Elliott Questions Japan Firm Unizo’s Actions in Bidding War
(Bloomberg) -- Elliott Management Corp., the largest shareholder in Unizo Holdings Co., is questioning the actions of the Japanese real-estate group’s management in handling a bidding war that began in July.
The activist investor, which has built a 13% stake in Unizo, demanded answers in a letter to the company’s board that it released to media Wednesday. The letter queries the decisions that Unizo has made in responding to competing offers for the firm. A spokeswoman for Unizo said the company hasn’t decided on how to respond.
“We are highly concerned about the lack of disclosure and the risk of conflicts of interest that have appeared in Unizo’s handling to date of the tender offer bids,” Elliott wrote.
The Tokyo-based developer was little-known even within Japan until HIS Co. launched an unsuccessful hostile bid in July. It received a competing offer from SoftBank Group Corp.’s Fortress Investment Group in August, which the company initially supported before withdrawing its backing last month, saying it wanted Fortress to increase its offer to 5,000 yen ($46.62) a share from 4,000 yen. That came as it said that received another rival bid from “one of the largest investment funds in the world,” reportedly Blackstone Group Inc., for 5,000 yen a share.
Unizo’s shares have surged almost 130% since HIS announced its offer on July 10, and closed trading at 4,560 yen on Wednesday, above the Fortress’s offer for the company.
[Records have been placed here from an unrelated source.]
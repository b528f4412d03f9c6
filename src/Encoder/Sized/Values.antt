-- ===== src/Encoder/Sized/Values.antt =====
-- The encoders of single values are counted right, whatever the descriptor.
use breakpoint.Base.{ℕ, Option, none, some}
use breakpoint.Outcome.{M}
use breakpoint.Memory.{Memory}
use breakpoint.Output.Sizing
use breakpoint.Output.Sizing.{
  pb_encode_varint-IsSized, pb_encode_svarint-IsSized, pb_encode_fixed32-IsSized,
  pb_encode_fixed64-IsSized, pb_encode_tag-IsSized, pb_encode_string-IsSized,
}
use breakpoint.Descriptor.{Field, pb_ltype}
use breakpoint.Encoder.{EncState}
use breakpoint.Encoder.Values.{
  by_size, pb_enc_varint, pb_enc_uvarint, pb_enc_svarint, pb_enc_fixed32, pb_enc_fixed64,
  pb_enc_bytes, pb_enc_string, pb_enc_fixed_length_bytes, wire_type_of, tag_or_error,
  pb_encode_tag_for_field,
}
use breakpoint.Encoder.Sized.{IsSized, sized_rules}

ruleset output_rules = (
  pb_encode_varint-IsSized, pb_encode_svarint-IsSized, pb_encode_fixed32-IsSized,
  pb_encode_fixed64-IsSized, pb_encode_tag-IsSized, pb_encode_string-IsSized,
)

module _ (mem : Memory) where
  by_size-IsSized :
      (write : ℕ → M EncState (Unit {0})) (data_size : ℕ)
      → ((size : ℕ) → IsSized mem (write size))
      → IsSized mem (by_size write data_size)
  by_size-IsSized write data_size h = search sized_rules depth 12

  pub pb_enc_varint-IsSized : (f : Field) (src : ℕ) → IsSized mem (pb_enc_varint f src)
  unfolding pb_enc_varint
  pb_enc_varint-IsSized f src = search (by_size-IsSized, sized_rules, output_rules) depth 12

  pub pb_enc_uvarint-IsSized : (f : Field) (src : ℕ) → IsSized mem (pb_enc_uvarint f src)
  unfolding pb_enc_uvarint
  pb_enc_uvarint-IsSized f src = search (by_size-IsSized, sized_rules, output_rules) depth 12

  pub pb_enc_svarint-IsSized : (f : Field) (src : ℕ) → IsSized mem (pb_enc_svarint f src)
  unfolding pb_enc_svarint
  pb_enc_svarint-IsSized f src = search (by_size-IsSized, sized_rules, output_rules) depth 12

  pub pb_enc_fixed32-IsSized : (f : Field) (src : ℕ) → IsSized mem (pb_enc_fixed32 f src)
  unfolding pb_enc_fixed32
  pb_enc_fixed32-IsSized f src = search (sized_rules, output_rules) depth 8

  pub pb_enc_fixed64-IsSized : (f : Field) (src : ℕ) → IsSized mem (pb_enc_fixed64 f src)
  unfolding pb_enc_fixed64
  pb_enc_fixed64-IsSized f src = search (sized_rules, output_rules) depth 8

  pub pb_enc_bytes-IsSized : (f : Field) (src : ℕ) → IsSized mem (pb_enc_bytes f src)
  unfolding pb_enc_bytes
  pb_enc_bytes-IsSized f src = search (sized_rules, output_rules) depth 12

  pub pb_enc_string-IsSized : (f : Field) (src : ℕ) → IsSized mem (pb_enc_string f src)
  unfolding pb_enc_string
  pb_enc_string-IsSized f src = search (sized_rules, output_rules) depth 12

  pub pb_enc_fixed_length_bytes-IsSized :
      (f : Field) (src : ℕ) → IsSized mem (pb_enc_fixed_length_bytes f src)
  unfolding pb_enc_fixed_length_bytes
  pb_enc_fixed_length_bytes-IsSized f src = search (sized_rules, output_rules) depth 8

tag_or_error-IsSized : (w : Option ℕ) (tag : ℕ) → Sizing.IsSized (tag_or_error w tag)
tag_or_error-IsSized none tag = Sizing.IsSized-error _
tag_or_error-IsSized (some w) tag = pb_encode_tag-IsSized w tag

pub pb_encode_tag_for_field-IsSized : (f : Field) → Sizing.IsSized (pb_encode_tag_for_field f)
unfolding pb_encode_tag_for_field
pb_encode_tag_for_field-IsSized f = tag_or_error-IsSized (wire_type_of (pb_ltype f.type)) f.tag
Travis Lundy, a special-situations analyst who publishes on Smartkarma, has said “there is a strong likelihood that this ends with no successful bid.” Fortress’s tender offer expires Oct. 17.
Elliott’s intervention is the latest twist in rare bidding battle that could be another landmark for the Japanese market as it seeks to become more shareholder-friendly.
The investor asked for a detailed explanation of the “Employee Share Ownership Management Company,” which the company proposed to Fortress should be involved in an agreement on a deal. This entity, made up of employees, would have a stake in Unizo after the buyout and could exert control over decisions such as buying and selling properties and nominating directors, according to Unizo.
Such a structure may be intended to let existing management retain control over the company through an arrangement resembling a management buyout. Elliott also questioned why the basic policy on acquisitions hadn’t been determined or disclosed to investors when Unizo expressed its opinion on tender offer bids in August.